# Food Surplus from Catering Events: how much food is left over, and how do you manage it?



## ironcook (Sep 17, 2014)

Hi everyone!

I just have a few questions all professional caterers out there!

I understand that when preparing for an event, you always have to prepare an allowance of food beyond the indicated headcount (i.e. if 30 people are said to come, you prepare enough food for 40, etc.). 

But how much extra exactly do you prepare, and how do you decide this amount? Do you usually use a percentage over expected headcount, like 20% extra?

And after the event, how much clean, unserved, untouched, and still generally palatable food is left over? 

I know the answers to these questions can vary depending on the event, but perhaps you guys could give averages? or ranges?

If you have answers for specific cases or events, please feel free to share!

Food waste frustrates me, and so i'd like to find out how you guys manage it, and what solutions you may be using to manage it?


----------



## chefross (May 5, 2010)

There are a few factors that define how much food to prepare. I assume these events you speak of are buffet service.

Factors like:

time of day,

weather,

children?

All of these affect outcome.

How much food to prepare is based on the above information.

As far as the unserved, untouched food goes, I know that if it has been out on the buffet it must be disposed of after the event and can not be used. If, however; the food was in a warmer and never made it out to the chaffing dish, it can be safely re-used.


----------



## chefedb (Apr 3, 2010)

20% is far to much. All of my catering life I always figured 5%   Never ran out because night before guest had to give us final guarantee.

As far as leftovers  foods on the actual buffet Chef Ross is correct.

Why take a chance for a few dollars?


----------



## ironcook (Sep 17, 2014)

thanks for your feedback guys!

@Chefross what do you mean though by "can be re-used?"

if it's been stored properly in a chaffing dish though, can it be repacked into microwaveable containers and maybe sold?

@chefedb i understand that there are a number of risks associated if the food is improperly stored, or transported, but i'm just thinking about solutions to reduce the food waste... i mean, so much good food goes wasted; if i was hungry or on a tight budget, i wouldn't mind buying a repackaged portion to consume within the day knowing it was still good, more or less.

i mean, you guys see all the food that gets thrown out, how do you guys manage it? can it be given to a food bank or something?


----------



## chefross (May 5, 2010)

*@Chefross what do you mean though by "can be re-used?" *

You may safely consume that which never made it to the chaffing dishes.

If you are catering a function for profit then you must adhere to the food safety rules.

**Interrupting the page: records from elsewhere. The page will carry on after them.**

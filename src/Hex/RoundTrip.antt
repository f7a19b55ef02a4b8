-- ===== src/Hex/RoundTrip.antt =====
-- `fromHex` reads back what `toHex` printed (libdevcore/CommonData.h, CommonData.cpp).
use mvis_tokenminer.Prelude.{ℕ, ◌*◌, ◌/◌, ◌%◌, ◌<◌, ◌≡◌, refl, ◌∙◌, ap, arith}
use mvis_tokenminer.Prelude.{some, List, [], ◌∷◌, ◌++◌, append_assoc, append-nil, drop}
use mvis_tokenminer.Prelude.{false, ◌==◌, length, All, ok}
use mvis_tokenminer.Hex.{IsByte, WhenError, HexPrefix, add, dont_add, hex_digit, hex_number}
use mvis_tokenminer.Hex.{pad_left, to_hex_loop, to_hex, from_hex_digit, join_digits}
use mvis_tokenminer.Hex.{from_hex_loop, prefix_length, from_hex}

pub from_hex_digit-hex_digit : (d : ℕ) → d < 16 → from_hex_digit (hex_digit d) ≡ some d
unfolding from_hex_digit hex_digit
from_hex_digit-hex_digit d h = ground arith

hex_digit-zero : hex_digit 0 ≡ b'0'
unfolding hex_digit
hex_digit-zero = refl

-- No digit is the letter x, so a printed text is never taken for a prefixed one.
hex_digit_not_x : (d : ℕ) → d < 16 → (hex_digit d == b'x') ≡ false
unfolding hex_digit
hex_digit_not_x d h = ground arith

-- The two digits of a byte.
pad_left-hex_number :
    (i : ℕ) → i < 256 → pad_left 2 (hex_number i) ≡ hex_digit (i / 16) ∷ hex_digit (i % 16) ∷ []
unfolding pad_left hex_number
pad_left-hex_number i h = ground (arith, hex_digit-zero)

-- The digits of a list of bytes.
abbrev pub digits : List ℕ → List ℕ
digits [] = []
digits (i ∷ rest) = hex_digit (i / 16) ∷ hex_digit (i % 16) ∷ digits rest

pub to_hex_loop-digits : (bytes : List ℕ) → All IsByte bytes → to_hex_loop 2 bytes ≡ digits bytes
unfolding to_hex_loop
to_hex_loop-digits [] h = refl
to_hex_loop-digits (i ∷ rest) (hi, h) = rw (pad_left-hex_number i hi, to_hex_loop-digits rest h)

join_digits-byte :
    (i : ℕ)
    → i < 256
    → join_digits (from_hex_digit (hex_digit (i / 16))) (from_hex_digit (hex_digit (i % 16)))
      ≡ some i
unfolding join_digits
join_digits-byte i h =
    rw
      (
        from_hex_digit-hex_digit (i / 16) (omega arith),
        from_hex_digit-hex_digit (i % 16) (omega arith),
      )
      (ap some (omega arith))

from_hex_loop_byte :
    (i : ℕ) (more ret : List ℕ) (when : WhenError)
    → i < 256
    → from_hex_loop (hex_digit (i / 16) ∷ hex_digit (i % 16) ∷ more) ret when
      ≡ from_hex_loop more (ret ++ (i ∷ [])) when
unfolding from_hex_loop
from_hex_loop_byte i more ret when h = rw (join_digits-byte i h, from_hex_loop)

from_hex_loop-digits :
    (bytes ret : List ℕ) (when : WhenError)
    → All IsByte bytes
    → from_hex_loop (digits bytes) ret when ≡ ok (ret ++ bytes)
from_hex_loop-digits [] ret when h = rw append-nil (unfold from_hex_loop in refl)
from_hex_loop-digits (i ∷ rest) ret when (hi, h) =
    from_hex_loop_byte i (digits rest) ret when hi
    ∙ from_hex_loop-digits rest (ret ++ (i ∷ [])) when h
    ∙ ap ok (append_assoc ret (i ∷ []) rest)

pub length-digits : (bytes : List ℕ) → length (digits bytes) ≡ 2 * length bytes
length-digits [] = refl
length-digits (i ∷ rest) = omega (arith, length-digits rest)

prefix_length-digits : (bytes : List ℕ) → All IsByte bytes → prefix_length (digits bytes) ≡ 0
unfolding prefix_length
prefix_length-digits [] h = refl
prefix_length-digits (i ∷ rest) (hi, h) = ground (arith, hex_digit_not_x (i % 16) (omega arith))

-- What `from_hex` does with a text of even length.
pub from_hex_even :
    (s : List ℕ) (when : WhenError)
    → length s % 2 ≡ 0
    → from_hex s when ≡ from_hex_loop (drop (prefix_length s) s) [] when
unfolding from_hex
from_hex_even s when h = ground (arith, h)

from_hex-digits :
    (bytes : List ℕ) (when : WhenError) → All IsByte bytes → from_hex (digits bytes) when ≡ ok bytes
from_hex-digits bytes when h =
    from_hex_even (digits bytes) when (omega (arith, length-digits bytes))
    ∙ rw (prefix_length-digits bytes h) (from_hex_loop-digits bytes [] when h)

pub from_hex-prefixed :
    (bytes : List ℕ) (when : WhenError)
    → All IsByte bytes
    → from_hex (b'0' ∷ b'x' ∷ digits bytes) when ≡ ok bytes
from_hex-prefixed bytes when h =
    from_hex_even (b'0' ∷ b'x' ∷ digits bytes) when (omega (arith, length-digits bytes))
    ∙ unfold prefix_length in from_hex_loop-digits bytes [] when h

-- Whatever bytes `toHex` prints at its default width, with the prefix 0x or without it, `fromHex`
-- reads them back, in either error mode.
pub from_hex-to_hex :
    (bytes : List ℕ) (p : HexPrefix) (when : WhenError)
    → All IsByte bytes
    → from_hex (to_hex bytes 2 p) when ≡ ok bytes
unfolding to_hex
from_hex-to_hex bytes dont_add when h =
    rw (to_hex_loop-digits bytes h) (from_hex-digits bytes when h)
from_hex-to_hex bytes add when h = rw (to_hex_loop-digits bytes h) (from_hex-prefixed bytes when h)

These rules state that any food that was on display for consumption can not be used or sold after the function and must be thrown away.

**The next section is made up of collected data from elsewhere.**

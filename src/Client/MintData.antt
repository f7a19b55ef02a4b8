-- ===== src/Client/MintData.antt =====
-- The data of the call of mint (ethminer/FarmClient.h: submitWorkSolo).
use mvis_tokenminer.Prelude.{ℕ, ◌-◌, ◌≤◌, ◌≡◌, refl, ap, ◌∙◌, arith, List, [], ◌∷◌, ◌++◌}
use mvis_tokenminer.Prelude.{append-nil, take, length, All, All-append}
use mvis_tokenminer.Hex.{IsByte, to_hex, pad_left, from_hex, dont_throw, read_bytes}
use mvis_tokenminer.Hex.RoundTrip.{digits, to_hex_loop-digits, length-digits, from_hex-prefixed}
use mvis_tokenminer.Client.{pad_right, mint_text, mint_data}

digits-append : (xs ys : List ℕ) → digits (xs ++ ys) ≡ digits xs ++ digits ys
digits-append [] ys = refl
digits-append (x ∷ xs) ys = rw (digits-append xs ys) refl

-- The first ten characters of a prefixed text are the prefix and four bytes.
take-digits : (bytes : List ℕ) → 4 ≤ length bytes → take 8 (digits bytes) ≡ digits (take 4 bytes)
take-digits [] h = absurd (omega arith)
take-digits (a ∷ []) h = absurd (omega arith)
take-digits (a ∷ b ∷ []) h = absurd (omega arith)
take-digits (a ∷ b ∷ c ∷ []) h = absurd (omega arith)
take-digits (a ∷ b ∷ c ∷ d ∷ rest) h = refl

take-IsByte : (bytes : List ℕ) → 4 ≤ length bytes → All IsByte bytes → All IsByte (take 4 bytes)
take-IsByte [] h k = absurd (omega arith)
take-IsByte (a ∷ []) h k = absurd (omega arith)
take-IsByte (a ∷ b ∷ []) h k = absurd (omega arith)
take-IsByte (a ∷ b ∷ c ∷ []) h k = absurd (omega arith)
take-IsByte (a ∷ b ∷ c ∷ d ∷ rest) h (ka, (kb, (kc, (kd, k)))) = (ka, (kb, (kc, (kd, tt))))

wide_digits : (bytes : List ℕ) → length bytes ≡ 32 → 64 - length (digits bytes) ≡ 0
wide_digits bytes h = omega (arith, h, length-digits bytes)

pad_left-wide : (bytes : List ℕ) → length bytes ≡ 32 → pad_left 64 (digits bytes) ≡ digits bytes
unfolding pad_left
pad_left-wide bytes h = rw (wide_digits bytes h) refl

pad_right-wide : (bytes : List ℕ) → length bytes ≡ 32 → pad_right 64 (digits bytes) ≡ digits bytes
unfolding pad_right
pad_right-wide bytes h = rw (wide_digits bytes h, append-nil) refl

mint_text-digits :
    (selector solution hash : List ℕ)
    → All IsByte selector
    → All IsByte solution
    → All IsByte hash
    → 4 ≤ length selector
    → length solution ≡ 32
    → length hash ≡ 32
    → mint_text selector solution hash
      ≡ b'0' ∷ b'x' ∷ digits (take 4 selector ++ (solution ++ hash))
unfolding mint_text to_hex
mint_text-digits selector solution hash a b c la lb lc =
    rw
      (
        to_hex_loop-digits selector a,
        to_hex_loop-digits solution b,
        to_hex_loop-digits hash c,
        pad_left-wide solution lb,
        pad_right-wide hash lc,
        take-digits selector la,
        digits-append (take 4 selector) (solution ++ hash),
        digits-append solution hash,
      )
      refl

-- The call's data is the first four bytes of the hash of the signature of mint, then the nonce, then
-- the digest, if each of the three is 32 bytes.
pub mint_data_lem :
    (selector solution hash : List ℕ)
    → All IsByte selector
    → All IsByte solution
    → All IsByte hash
    → length selector ≡ 32
    → length solution ≡ 32
    → length hash ≡ 32
    → mint_data selector solution hash ≡ take 4 selector ++ (solution ++ hash)
unfolding mint_data
mint_data_lem selector solution hash a b c la lb lc =
    let enough : 4 ≤ length selector = omega (arith, la) in
    let bytes =
      All-append IsByte (take 4 selector) (solution ++ hash) (take-IsByte selector enough a)
        (All-append IsByte solution hash b c) in
    let read =
      ap (λ s. from_hex s dont_throw) (mint_text-digits selector solution hash a b c enough lb lc)
      ∙ from_hex-prefixed (take 4 selector ++ (solution ++ hash)) dont_throw bytes in
    ap read_bytes read
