-- ===== src/Rlp/Item.antt =====
-- The values that RLP encodes, and what their encoding is: the specification that the stream and the
-- reader of libdevcore/RLP.cpp are measured against.
use mvis_tokenminer.Prelude.{ℕ, suc, ◌+◌, ◌-◌, ◌^◌, ◌<◌, List, [], ◌∷◌, ◌++◌}
use mvis_tokenminer.Prelude.{ltb, if◌then◌else◌, length, All}
use mvis_tokenminer.BigEndian.{bytes_required}
use mvis_tokenminer.BigEndian.RoundTrip.{be}
use mvis_tokenminer.Hex.{IsByte}

mutual
  pub data Item : Type 0 where
    str : List ℕ → Item
    list : Items → Item

  pub data Items : Type 0 where
    nil : Items
    cons : Item → Items → Items

-- A length with its head byte: at once below 56, else with the length's own bytes behind the head.
abbrev pub header : ℕ → ℕ → List ℕ
header base n =
    if ltb n 56 then (base + n) ∷ [] else (base + 55 + bytes_required n) ∷ be (bytes_required n) n

abbrev pub encode_str : List ℕ → List ℕ
encode_str [] = header 0x80 0
encode_str (b ∷ []) = if ltb b 0x80 then b ∷ [] else header 0x80 1 ++ (b ∷ [])
encode_str (b ∷ c ∷ rest) = header 0x80 (length (b ∷ c ∷ rest)) ++ (b ∷ c ∷ rest)

unfoldable mutual
  pub encode : Item → List ℕ
  encode (str bytes) = encode_str bytes
  encode (list xs) = header 0xc0 (length (encode_all xs)) ++ encode_all xs

  pub encode_all : Items → List ℕ
  encode_all nil = []
  encode_all (cons x xs) = encode x ++ encode_all xs

abbrev pub count_items : Items → ℕ
count_items nil = 0
count_items (cons x xs) = suc (count_items xs)

-- Strings are made of bytes, and no payload is as long as the address space.
abbrev pub size_limit : ℕ
size_limit = 2 ^ 64 - 0x101

unfoldable mutual
  pub IsSmall : Item → Type 0
  IsSmall (str bytes) = All IsByte bytes × (length bytes < size_limit)
  IsSmall (list xs) = AreSmall xs × (length (encode_all xs) < size_limit)

  pub AreSmall : Items → Type 0
  AreSmall nil = Unit
  AreSmall (cons x xs) = IsSmall x × AreSmall xs
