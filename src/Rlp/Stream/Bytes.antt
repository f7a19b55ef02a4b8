-- ===== src/Rlp/Stream/Bytes.antt =====
-- What the byte writers of `RLPStream` leave in the buffer (libdevcore/RLP.h, RLP.cpp).
use mvis_tokenminer.Prelude.{ℕ, zero, suc, ◌+◌, ◌-◌, ◌/◌, ◌%◌, ◌^◌, ◌<◌, ◌≡◌, refl, ap, ◌∙◌, sym}
use mvis_tokenminer.Prelude.{List, [], ◌∷◌, ◌++◌, append-nil, append_assoc, arith, lt_wf}
use mvis_tokenminer.Prelude.{length, set, replicate, length-append, length-replicate, split_last}
use mvis_tokenminer.BigEndian.{bytes_required, shift_shrinks}
use mvis_tokenminer.BigEndian.Size.{
  bytes_required-pos, lt-pow-bytes_required, pos_of_bytes_required,
}
use mvis_tokenminer.BigEndian.RoundTrip.{be}
use mvis_tokenminer.Rlp.Stream.{write_int_acc, write_int, push_int}
use mathlib.Core.WellFounded.{Acc}
use mathlib.Core.Logic.{dif_pos}
use native.Mathlib.Decide.{dec_lt}
use native.Mathlib.Bridge.{le_prop}

pub set-append :
    (xs : List ℕ) (y v : ℕ) (rest : List ℕ)
    → set (xs ++ (y ∷ rest)) (length xs) v ≡ xs ++ (v ∷ rest)
set-append [] y v rest = refl
set-append (x ∷ xs) y v rest = ap (λ t. x ∷ t) (set-append xs y v rest)

module _ (n : ℕ) (pos : ℕ) (out : List ℕ) where
  write_int_acc_done : (w : Acc ◌<◌ n) → n ≡ 0 → write_int_acc n w pos out ≡ out
  unfolding write_int_acc
  write_int_acc_done (Acc.intro _ smaller) h = grind arith

  write_int_acc_more :
      (w : Acc ◌<◌ n)
      → 0 < n
      → (v : Acc ◌<◌ (n / 256)) × (write_int_acc n w pos out
          ≡ write_int_acc (n / 256) v (pos - 1) (set out (pos - 1) (n % 256)))
  unfolding write_int_acc
  write_int_acc_more (Acc.intro _ smaller) h =
      (smaller (n / 256) (shift_shrinks n h), dif_pos (dec_lt 0 n) le_prop h _ _)

set_last :
    (pre front rest : List ℕ) (y v k : ℕ)
    → length front ≡ k
    → set (pre ++ ((front ++ (y ∷ [])) ++ rest)) (length pre + suc k - 1) v
      ≡ pre ++ (front ++ (v ∷ rest))
set_last pre front rest y v k h =
    rw (append_assoc front (y ∷ []) rest, ← append_assoc pre front (y ∷ rest), place)
      (set-append (pre ++ front) y v rest ∙ append_assoc pre front (v ∷ rest))
  where
    place : length pre + suc k - 1 ≡ length (pre ++ front)
    place = omega (arith, length-append pre front)

-- The bytes of `n` fill the `k` places before `rest`, whatever stood there.
write_int_acc-be :
    (k n : ℕ) (w : Acc ◌<◌ n) (pre junk rest : List ℕ)
    → bytes_required n ≡ k
    → length junk ≡ k
    → write_int_acc n w (length pre + k) (pre ++ (junk ++ rest)) ≡ pre ++ (be k n ++ rest)
write_int_acc-be zero n w pre [] rest hk hj =
    write_int_acc_done n (length pre + 0) (pre ++ rest) w
      (omega (arith, lt-pow-bytes_required n, ap (λ (t : ℕ). 256 ^ t) hk))
write_int_acc-be zero n w pre (x ∷ junk) rest hk hj = absurd (omega arith)
write_int_acc-be (suc k) n w pre junk rest hk hj =
    let (front, last, e, l) = split_last junk k hj in
    let positive = pos_of_bytes_required n k hk in
    let (v, more) = write_int_acc_more n (length pre + suc k) (pre ++ (junk ++ rest)) w positive in
    let place : length pre + suc k - 1 ≡ length pre + k = omega arith in
    let wrote = rw (← e) at (set_last pre front rest last (n % 256) k l) in
    more
    ∙ ap (write_int_acc (n / 256) v (length pre + suc k - 1)) wrote
    ∙ ap (λ p. write_int_acc (n / 256) v p (pre ++ (front ++ (n % 256 ∷ rest)))) place
    ∙ write_int_acc-be k (n / 256) v pre front (n % 256 ∷ rest)
        (omega (arith, bytes_required-pos n positive)) l
    ∙ ap (λ t. pre ++ t) (sym (append_assoc (be k (n / 256)) (n % 256 ∷ []) rest))

-- The bytes of `n` fill a gap of the width that `bytesRequired` found.
pub write_int-be :
    (n : ℕ) (pre junk rest : List ℕ)
    → length junk ≡ bytes_required n
    → write_int n (length pre + bytes_required n) (pre ++ (junk ++ rest))
      ≡ pre ++ (be (bytes_required n) n ++ rest)
unfolding write_int
write_int-be n pre junk rest h =
    write_int_acc-be (bytes_required n) n (lt_wf.apply n) pre junk rest refl h

-- `pushInt`, given the width that `bytesRequired` found, appends the big-endian bytes.
pub push_int-be :
    (n : ℕ) (out : List ℕ) → push_int n (bytes_required n) out ≡ out ++ be (bytes_required n) n
unfolding push_int
push_int-be n out =
    ap (λ t. write_int n (length out + bytes_required n) (out ++ t)) (sym (append-nil _))
    ∙ write_int-be n out (replicate (bytes_required n) 0) [] (length-replicate _ 0)
    ∙ rw append-nil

That's why figuring the food cost for buffets includes that in the pricing. The client pays for all the food......period.

There is an alternative, that I have experience with.

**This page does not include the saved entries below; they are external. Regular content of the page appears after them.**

-- ===== src/Rlp/Stream/Close.antt =====
-- The heads that `RLPStream` writes before a payload, against the specification of Rlp/Item.antt.
use mvis_tokenminer.Prelude.{ℕ, suc, ◌+◌, ◌-◌, ◌%◌, ◌^◌, ◌≤◌, ◌<◌, ◌≡◌, refl, ap, ◌∙◌, ltb}
use mvis_tokenminer.Prelude.{List, [], ◌∷◌, ◌++◌, append_assoc, arith, ok, inl, inr, Bool-cases}
use mvis_tokenminer.Prelude.{length, set, take, replicate, length-append, length-replicate}
use mvis_tokenminer.Prelude.{ltb→lt, le→leb, le→ltb, length-take_le, take-append, drop-append}
use mvis_tokenminer.BigEndian.{bytes_required}
use mvis_tokenminer.BigEndian.Size.{bytes_required-le}
use mvis_tokenminer.BigEndian.RoundTrip.{be}
use mvis_tokenminer.Rlp.Constants.{list_ind_len_zero, data_ind_len_zero}
use mvis_tokenminer.Rlp.Item.{header}
use mvis_tokenminer.Rlp.Stream.{write_int, push_count, open_gap, close_list, data_head}
use mvis_tokenminer.Rlp.Stream.Bytes.{set-append, write_int-be, push_int-be}

-- No payload in memory is longer than this.
abbrev pub address_space : ℕ
address_space = 2 ^ 64

few_bytes : (n : ℕ) → n < address_space → bytes_required n ≤ 8
few_bytes n h = bytes_required-le n 8 h

length-gap : (n : ℕ) (d : List ℕ) → length (take n (d ++ replicate n 0)) ≡ n
length-gap n d = length-take_le n (d ++ replicate n 0) enough
  where
    enough : n ≤ length (d ++ replicate n 0)
    enough = rw (length-append d, length-replicate) (omega arith)

open_gap-append :
    (n : ℕ) (pre payload : List ℕ)
    → (junk : List ℕ) × (open_gap (length pre) n (pre ++ payload) ≡ pre ++ (junk ++ payload))
      × (length junk ≡ n)
unfolding open_gap
open_gap-append n pre payload =
    (take n (payload ++ replicate n 0), rw (take-append, drop-append), length-gap n payload)

set_head :
    (pre junk payload : List ℕ) (v k : ℕ)
    → length junk ≡ suc k
    → (junk' : List ℕ) × (set (pre ++ (junk ++ payload)) (length pre) v
        ≡ pre ++ (v ∷ (junk' ++ payload)))
      × (length junk' ≡ k)
set_head pre [] payload v k h = absurd (omega arith)
set_head pre (x ∷ junk) payload v k h = (junk, set-append pre x v (junk ++ payload), omega arith)

length_payload : (pre payload : List ℕ) → length (pre ++ payload) - length pre ≡ length payload
length_payload pre payload = omega (arith, length-append pre payload)

-- The gap is one place wide, and gets the head.
close_short :
    (pre payload : List ℕ) (v : ℕ)
    → set (open_gap (length pre) 1 (pre ++ payload)) (length pre) v ≡ pre ++ (v ∷ payload)
close_short pre payload v =
    let (junk, gap, l) = open_gap-append 1 pre payload in
    let (junk', wrote, l') = set_head pre junk payload v 0 l in
    rw gap (wrote ∙ rw (length-zero junk' l'))
  where
    length-zero : (xs : List ℕ) → length xs ≡ 0 → xs ≡ []
    length-zero [] h = refl
    length-zero (x ∷ xs) h = absurd (omega arith)

-- The gap gets the head, and behind it the bytes of the length.
close_long :
    (pre payload : List ℕ) (v n : ℕ)
    → write_int n
        (length pre + bytes_required n + 1)
        (set (open_gap (length pre) (1 + bytes_required n) (pre ++ payload)) (length pre) v)
      ≡ pre ++ (v ∷ (be (bytes_required n) n ++ payload))
close_long pre payload v n =
    let (junk, gap, l) = open_gap-append (1 + bytes_required n) pre payload in
    let (junk', wrote, l') = set_head pre junk payload v (bytes_required n) (l ∙ omega arith) in
    rw (gap, wrote, place, ← append_assoc pre (v ∷ []) (junk' ++ payload))
      (write_int-be n (pre ++ (v ∷ [])) junk' payload l' ∙ append_assoc pre (v ∷ []) _)
  where
    place : length pre + bytes_required n + 1 ≡ length (pre ++ (v ∷ [])) + bytes_required n
    place = omega (arith, length-append pre (v ∷ []))

-- Completing a list puts the head of its payload in, at the place where the payload begins.
pub close_list-header :
    (pre payload : List ℕ)
    → length payload < address_space
    → close_list (length pre) (pre ++ payload)
      ≡ ok (pre ++ (header 0xc0 (length payload) ++ payload))
unfolding close_list
close_list-header pre payload h = elim (Bool-cases (ltb (length payload) 56)) [
  | inl short ↦
      rw (length_payload pre payload, short)
        (ap ok (
          close_short pre payload ((0xc0 + length payload) % 256)
          ∙ ap (λ v. pre ++ (v ∷ payload)) (omega (arith, ltb→lt _ _ short))))
  | inr long ↦
      rw (length_payload pre payload, long, le→leb _ 0xff room)
        (ap ok (
          close_long pre payload _ (length payload)
          ∙ ap
              (λ v. pre ++ (v ∷ (be (bytes_required (length payload)) (length payload) ++ payload)))
              (omega (arith, room))))
]
  where
    room : list_ind_len_zero + bytes_required (length payload) ≤ 0xff
    room = omega (arith, few_bytes (length payload) h)

-- `pushCount` appends the head of a long payload.
push_count-header :
    (n base : ℕ) (out : List ℕ)
    → n < address_space
    → base ≤ 247
    → push_count n base out ≡ ok (out ++ ((base + bytes_required n) ∷ be (bytes_required n) n))
unfolding push_count
push_count-header n base out h small =
    rw (le→ltb 0xff (bytes_required n + base) room, push_int-be, append_assoc)
      (ap (λ v. ok (out ++ (v ∷ be (bytes_required n) n))) (omega (arith, room)))
  where
    room : bytes_required n + base ≤ 0xff
    room = omega (arith, few_bytes n h)

-- The head of a string.
pub data_head-header :
    (d out : List ℕ)
    → length d < address_space
    → data_head d out ≡ ok (out ++ header 0x80 (length d))
unfolding data_head
data_head-header d out h = elim (Bool-cases (ltb (length d) 56)) [
  | inl short ↦ rw short (ap (λ v. ok (out ++ (v ∷ []))) (omega (arith, ltb→lt _ _ short)))
  | inr long ↦ rw long (push_count-header (length d) data_ind_len_zero out h (omega arith))
]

The caterer provides a disclaimer document that the client signs which states that any food taken by the client is now their responsibility and the caterer is no longer viable for anything.

Here's an example......host wants leftovers they paid for.

Caterer gives them the food.

They put the food in the trunk of their car and go on with their day.

Later that evening they take the food out to reheat, and end up getting ill.

Their fault, their problem,

Caterer is not responsible.

You may say this is silly example, but believe me, it happens more than you realize.


----------



## mikeswoods (Jun 14, 2013)

You must have passed a food handling class---

Believe me--make it real clear that 'left overs' are going to be disposed of---as others have mentioned--the unopened trays in the hot box might be safe to leave with the host---but if your thermometer tells you they are not at the correct temperature --then they get trashed also--

You are hired to feed the guests---that's it----all 'leftovers' are your responsibility(and property)

Ask yourself this---what are the risks and rewards for leaving behind food that has been on hold for hours?

Is your insurance paid?

Do you like the idea of seeing your name in the newspapers attached to a food poisoning case?

Remember--you are financially responsible if someone gets sick---------why risk it?


----------



## meezenplaz (Jan 31, 2012)

> You may say this is silly example, but believe me, it happens more than you realize.





> Ask yourself this---what are the risks and rewards for leaving behind food that has been on hold for hours?


I did a school sports function for 230 once, this particular set up had me cooking just outside the gym, with 
the service buffet just inside an ante room (trophy display cases etc, while all the seating was inside the 
gym--out of site of grlil or service. Had food left over, and the event runner had access to Styrofoam containers....
"Can we please have some "go" boxes, some of the teachers didn't make it here and they worked hard on this 
blah blah." Upon assuring me it would all go straight into a fridge in the cafeteria, we made her some boxes up, 
maybe 7 or 8 , then proceeded to clean up. After about 40 mins (and this was in June in so calif) I walked into 
the gym and found containers spread out on peoples chairs, up on the bleachers etc. with 
names on them. I had my helper start collecting them for the trash. But we didn't get them all....
And that wasn't the last client who lied to me either.....


----------



## davehriver (Jan 13, 2012)

If you think it is safe to reuse keep it and eat it.  Otherwise throw the food away.


----------



## chefedb (Apr 3, 2010)

Again Chef Ross nailed it. Another thing or fact to note re. food banks, if you give them food and they get sick, you are libel. In fact in some states if you throw food in dumpster and a homeless person should take and eat it and get sick  YOU are libel. Check your respective state and county laws.    It's a lawyers world.


----------



## meezenplaz (Jan 31, 2012)

Hypothetical:

*"Local homeless man becomes millionaire following lawsuit in "dumpster poisoning" *

*case, **buys personal jet, resides in Tahiti."*

Yep, I can easily imagine that, especially in California.


----------